Hey guys. I am trying to get Call of Duty 2 to install in Windows 7. It tells me "Class not registered" when I try to install. I tried to go into the file and switch the compatibility mode to run as XP (sp2) but its still telling me that error. Does anyone have any ideas on how to run it? Thanks.


----------



## Zealex (Nov 30, 2008)

ise 7 still in beta? if so someone may not have an answer since its a beta. um try as adminstartor, if 7 has that? i know vista does so yeah xD, try doing a google search about what class not registered means. maybe its not compatible.


----------



## Rampage1990 (Dec 27, 2008)

I checked on google, and I also have it as start as admin... :4-dontkno I wish I had made a duel partition for XP :sigh:


----------



## Rampage1990 (Dec 27, 2008)

anyone have any suggestions?


----------



## McNinja (Jun 22, 2008)

not until Windows 7 is out of beta will this game probably work and since its in beta there's no point trying for hours and hours to get the game working.
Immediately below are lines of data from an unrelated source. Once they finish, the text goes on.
-- ===== src/Tests/Links.antt =====
-- Pushes of which something fails, and one of which nothing does.
use ovl.Base.{ℕ, Bool, true, false, none, some, [], ◌∷◌, ◌++◌, any, all, ◌&&◌, str_eq, ◌≡◌, refl}
use ovl.Base.Dict.{lookup}
use ovl.Base.Floats.{whole_floats}
use ovl.Domain.State.{State}
use ovl.Domain.Event.{EventType, Detail}
use ovl.Wire.{
  WireChat, report_audit_event_to_domain, domain_by_audit_event_type, schema_kind_from_name,
  report_version_from_domain,
}
use ovl.Office.Landing.{OfficeDb, has_outbox_receipt}
use ovl.Office.Landing.Push.{WireItem, chat_payload, apply_outbox_item}
use ovl.Office.Landing.Chats.{has_chat, retries, stuck_chat}
use ovl.Office.Landing.Retry.{event_lands_twice, audit_row}
use ovl.Vessel.Outbox.{
  audit_event_item, report_version_item, OutboxItem, list_outbox_items, order_by_no, insert_by_no,
}
use ovl.Vessel.Store.{
  VesselDb, delete_latest, delete_report, get_latest_version, get_report, find_report,
}
use ovl.Vessel.Sync.{build_outbox_item, hydrate}
use ovl.Vessel.Sync.Orphan.{delete_report-orphan}
use ovl.Sync.{delivered, response_lost, Push, World, sync_push}
use ovl.Sync.Acks.{queued}
use ovl.Sync.Kept.{kept}
use ovl.Sync.NeverLost.{push_step, sync_steps, sync_steps-kept}
use ovl.Sync.Accepted.{sendable}
use ovl.Sync.Drained.{stored, sync_push-drains}
use ovl.Tests.{stable_slice}
use ovl.Tests.Syncing.{
  Struct, structs, log_report, submitted_event, audit_event, empty_office, fine, no_receipt,
  event_item,
}

abbrev wire_chat : WireChat
wire_chat = record { id = "m"; report_id = "r"; sender = "master"; body = "hello"; sent_at = 3 }

abbrev wire_chat_item : WireItem Struct
wire_chat_item = record { item_id = "c"; sequence_no = 1; payload = chat_payload wire_chat }

no_receipt_there : has_outbox_receipt empty_office "v" "c" ≡ false
unfolding has_outbox_receipt
no_receipt_there = refl

abbrev after_chat : OfficeDb ℕ × Bool
after_chat =
    apply_outbox_item ⦃fl = whole_floats⦄ ⦃pb = structs⦄ stable_slice "v" (no_receipt 5)
      wire_chat_item empty_office

stuck_chat_example :
    (after_chat.1 ≡ false)
    × (has_chat wire_chat after_chat.0 ≡ true)
    × (retries ⦃fl = whole_floats⦄ ⦃pb = structs⦄ stable_slice "v" wire_chat_item
          (fine 6 ∷ fine 7 ∷ [])
          after_chat.0
        ≡ (after_chat.0, false))
stuck_chat_example =
    stuck_chat ⦃fl = whole_floats⦄ ⦃pb = structs⦄ stable_slice "v" (no_receipt 5)
      (fine 6 ∷ fine 7 ∷ []) wire_chat_item wire_chat empty_office refl no_receipt_there refl refl
      refl

event_converts : report_audit_event_to_domain ⦃pb = structs⦄ audit_event ≡ some submitted_event
unfolding report_audit_event_to_domain domain_by_audit_event_type
event_converts = refl

no_event_receipt : has_outbox_receipt empty_office "v" "e" ≡ false
unfolding has_outbox_receipt
no_event_receipt = refl

abbrev after_no_receipt : OfficeDb ℕ × Bool
after_no_receipt =
    apply_outbox_item ⦃fl = whole_floats⦄ ⦃pb = structs⦄ stable_slice "v" (no_receipt 5) event_item
      empty_office

event_lands_twice_example :
    (after_no_receipt.1 ≡ false)
    × ((apply_outbox_item ⦃fl = whole_floats⦄ ⦃pb = structs⦄ stable_slice "v"
          (fine 8)
          event_item
          after_no_receipt.0).1
        ≡ true)
    × ((apply_outbox_item ⦃fl = whole_floats⦄ ⦃pb = structs⦄ stable_slice "v"
          (fine 8)
          event_item
          after_no_receipt.0).0.audit_events
        ≡ ([] ++ audit_row "v" (no_receipt 5) submitted_event ∷ [])
          ++ audit_row "v" (fine 8) submitted_event ∷ [])
event_lands_twice_example =
    event_lands_twice ⦃fl = whole_floats⦄ ⦃pb = structs⦄ stable_slice "v" (no_receipt 5) (fine 8)
      event_item audit_event submitted_event empty_office refl event_converts no_event_receipt refl
      refl refl

abbrev pub version_row : OutboxItem
version_row = record {
  item_id = "a";
  sequence_no = 1;
  kind = report_version_item;
  report_id = "r";
  version_no = 1;
  report_event_id = none;
  chat_message_id = none;
  created_at = 5;
}

abbrev pub event_row : OutboxItem
event_row = record version_row {
  item_id = "b";
  sequence_no = 2;
  kind = audit_event_item;
  report_event_id = some 1;
}

abbrev pub aboard : VesselDb ℕ
aboard = record {
  reports = log_report ∷ [];
  events = record { id = 1; event = submitted_event } ∷ [];
  next_event_id = 2;
  chats = [];
  deleted = [];
  outbox = record { next_no = 3; rows = version_row ∷ event_row ∷ [] };
}

abbrev world : World ℕ
world = record { vessel = aboard; office = empty_office }

abbrev push_fine : Push
push_fine = record {
  at = 20;
  link = delivered;
  readable = λ item. true;
  vessel_budget = none;
  turns = λ id. fine 21;
}

abbrev push_unanswered : Push
push_unanswered = record push_fine { link = response_lost }

sync_steps-kept_example :
    kept "v" "b" (
      sync_steps ⦃fl = whole_floats⦄ structs stable_slice "v"
        (push_step push_unanswered ∷ push_step push_fine ∷ [])
        world)
    ≡ true
sync_steps-kept_example =
    sync_steps-kept ⦃fl = whole_floats⦄ structs stable_slice "v"
      (push_step push_unanswered ∷ push_step push_fine ∷ []) world "b" refl

versions_present : all (stored aboard.reports) (list_outbox_items aboard.outbox) ≡ true
unfolding list_outbox_items order_by_no insert_by_no find_report
versions_present = refl

a_is_sendable :
    any
      (λ row.
        str_eq row.item_id "a" && sendable ⦃fl = whole_floats⦄ structs aboard (λ item. true) row)
      (list_outbox_items aboard.outbox)
    ≡ true
unfolding list_outbox_items order_by_no insert_by_no build_outbox_item hydrate get_report
    find_report report_version_from_domain schema_kind_from_name lookup
a_is_sendable = refl

sync_push-drains_example :
    (queued "a"
        (sync_push ⦃fl = whole_floats⦄ structs stable_slice "v" push_fine
          world).0.vessel.outbox.rows
      ≡ false)
    × (has_outbox_receipt
          (sync_push ⦃fl = whole_floats⦄ structs stable_slice "v" push_fine world).0.office
          "v"
          "a"
        ≡ true)
sync_push-drains_example =
    sync_push-drains ⦃fl = whole_floats⦄ structs stable_slice "v" push_fine world "a" refl refl
      (λ id. refl) versions_present a_is_sendable

-- A draft of which a section was saved, and deleted before the next sync.
abbrev draft_aboard : VesselDb ℕ
draft_aboard = record aboard {
  reports = record log_report { state = State.draft } ∷ [];
  events =
      record {
        id = 1;
        event = record submitted_event {
          type = EventType.section_saved;
          detail = Detail.section "voyage" [];
        };
      }
      ∷ [];
  outbox = record { next_no = 3; rows = event_row ∷ [] };
}

abbrev deleted_aboard : VesselDb ℕ
deleted_aboard = record draft_aboard {
  reports = [];
  events = [];
  deleted =
      record {
        report_id = "r";
        schema_name = "log-abstract";
        event_type = "Arrival";
        event_time = 100;
        state = State.draft;
        deleted_by = "master";
        deleted_at = 30;
      }
      ∷ [];
}

was_deleted : delete_report draft_aboard "r" "master" 30 ≡ some deleted_aboard
unfolding delete_report delete_latest get_latest_version
was_deleted = refl

delete_report-orphan_example :
    (deleted_aboard.outbox ≡ draft_aboard.outbox)
    × (build_outbox_item ⦃pb = structs⦄ deleted_aboard (λ item. true) event_row ≡ none)
delete_report-orphan_example =
    delete_report-orphan structs draft_aboard deleted_aboard "r" "master" 30 1 (λ item. true)
      event_row was_deleted refl refl ((λ e. refl), tt)
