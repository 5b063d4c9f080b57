-- ===== src/Vessel/Locks.antt =====
-- vessel/httpapi/locks.go: the soft locks on the sections of reports. The mutex makes each method one
-- step; the clock is an argument, in nanoseconds, and so is the time to live.
pub mod Exclusive
use ovl.Base.{
  ℕ, ◌+◌, ◌*◌, String, Bool, true, false, not, ◌&&◌, ◌||◌, Option, none, some, List, [], ◌∷◌, ltb,
  str_eq, if◌then◌else◌,
}

abbrev pub lock_ttl : ℕ
lock_ttl = 5 * 60 * 1000000000

pub record SectionLock : Type 0 where
  pub report_id : String
  pub section : String
  pub user_id : String
  pub username : String
  pub role : String
  pub acquired_at : ℕ
  pub renewed_at : ℕ

-- `expired`
abbrev pub expired : SectionLock → ℕ → ℕ → Bool
expired l now ttl = ltb (l.renewed_at + ttl) now

-- `lockKey`
pub record LockKey : Type 0 where
  pub report_id : String
  pub section : String

abbrev pub key_eq : LockKey → LockKey → Bool
key_eq a b = str_eq a.report_id b.report_id && str_eq a.section b.section

-- `locks`, with at most one entry for a key.
abbrev pub Locks : Type 0
Locks = List (LockKey × SectionLock)

unfoldable pub find : LockKey → Locks → Option SectionLock
find k [] = none
find k ((j, l) ∷ ls) = if key_eq j k then some l else find k ls

unfoldable pub set : LockKey → SectionLock → Locks → Locks
set k l [] = (k, l) ∷ []
set k l ((j, m) ∷ ls) = if key_eq j k then (j, l) ∷ ls else (j, m) ∷ set k l ls

unfoldable pub drop : LockKey → Locks → Locks
drop k [] = []
drop k ((j, m) ∷ ls) = let rest = drop k ls in if key_eq j k then rest else (j, m) ∷ rest

abbrev refuses : Option SectionLock → String → ℕ → ℕ → Bool
refuses none user now ttl = false
refuses (some l) user now ttl = not (str_eq l.user_id user) && not (expired l now ttl)

abbrev first_acquired : Option SectionLock → String → ℕ → ℕ
first_acquired none user now = now
first_acquired (some l) user now = if str_eq l.user_id user then l.acquired_at else now

-- The lock that a successful `acquire` writes.
unfoldable pub lock_for : Option SectionLock → LockKey → String → String → String → ℕ → SectionLock
lock_for existing k user username role now = record {
  report_id = k.report_id;
  section = k.section;
  user_id = user;
  username = username;
  role = role;
  acquired_at = first_acquired existing user now;
  renewed_at = now;
}

-- `acquire`: the locks after it, the lock of the section then, and whether it is the caller's.
unfoldable pub acquire :
    Locks → ℕ → ℕ → LockKey → String → String → String → Locks × Option SectionLock × Bool
unfolding lock_for
acquire ls ttl now k user username role =
    if refuses (find k ls) user now ttl
    then (ls, find k ls, false)
    else let l = lock_for (find k ls) k user username role now in (set k l ls, some l, true)

abbrev held_by : Option SectionLock → String → Bool
held_by none user = false
held_by (some l) user = str_eq l.user_id user

-- `release`
unfoldable pub release : Locks → LockKey → String → Locks × Option SectionLock
release ls k user = if held_by (find k ls) user then (drop k ls, find k ls) else (ls, none)

-- `forceRelease`
unfoldable pub force_release : Locks → LockKey → Locks × Option SectionLock
force_release ls k = (drop k ls, find k ls)

abbrev unless_expired : Option SectionLock → ℕ → ℕ → Option SectionLock
unless_expired none now ttl = none
unless_expired (some l) now ttl = if expired l now ttl then none else some l

-- `holder`
unfoldable pub holder : Locks → ℕ → ℕ → LockKey → Option SectionLock
holder ls ttl now k = unless_expired (find k ls) now ttl

-- `sweep`: the locks after it, and those that it removed.
unfoldable pub sweep : Locks → ℕ → ℕ → Locks × List SectionLock
sweep [] ttl now = ([], [])
sweep ((k, l) ∷ ls) ttl now =
    let rest = sweep ls ttl now in
    if expired l now ttl then (rest.0, l ∷ rest.1) else ((k, l) ∷ rest.0, rest.1)

-- A call of a method that changes the locks.
pub data Call : Type 0 where
  acquire_call : ℕ → LockKey → String → String → String → Call
  release_call : LockKey → String → Call
  force_call : LockKey → Call
  sweep_call : ℕ → Call

unfoldable pub call : ℕ → Call → Locks → Locks
call ttl (acquire_call now k user username role) ls = (acquire ls ttl now k user username role).0
call ttl (release_call k user) ls = (release ls k user).0
call ttl (force_call k) ls = (force_release ls k).0
call ttl (sweep_call now) ls = (sweep ls ttl now).0

unfoldable pub calls : ℕ → List Call → Locks → Locks
calls ttl [] ls = ls
calls ttl (c ∷ cs) ls = calls ttl cs (call ttl c ls)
do you have Vista or XP installed? use one of those OS's


----------



## -WOLF- (Jan 17, 2009)

Yeah until W7 is complete, there won't be official support for anything, especially old games.


----------



## SALALA (Apr 25, 2010)

Look.go to my computer, right click cod2 icon, open, search for SETUP and then click it
YOURE READY!xDray:


----------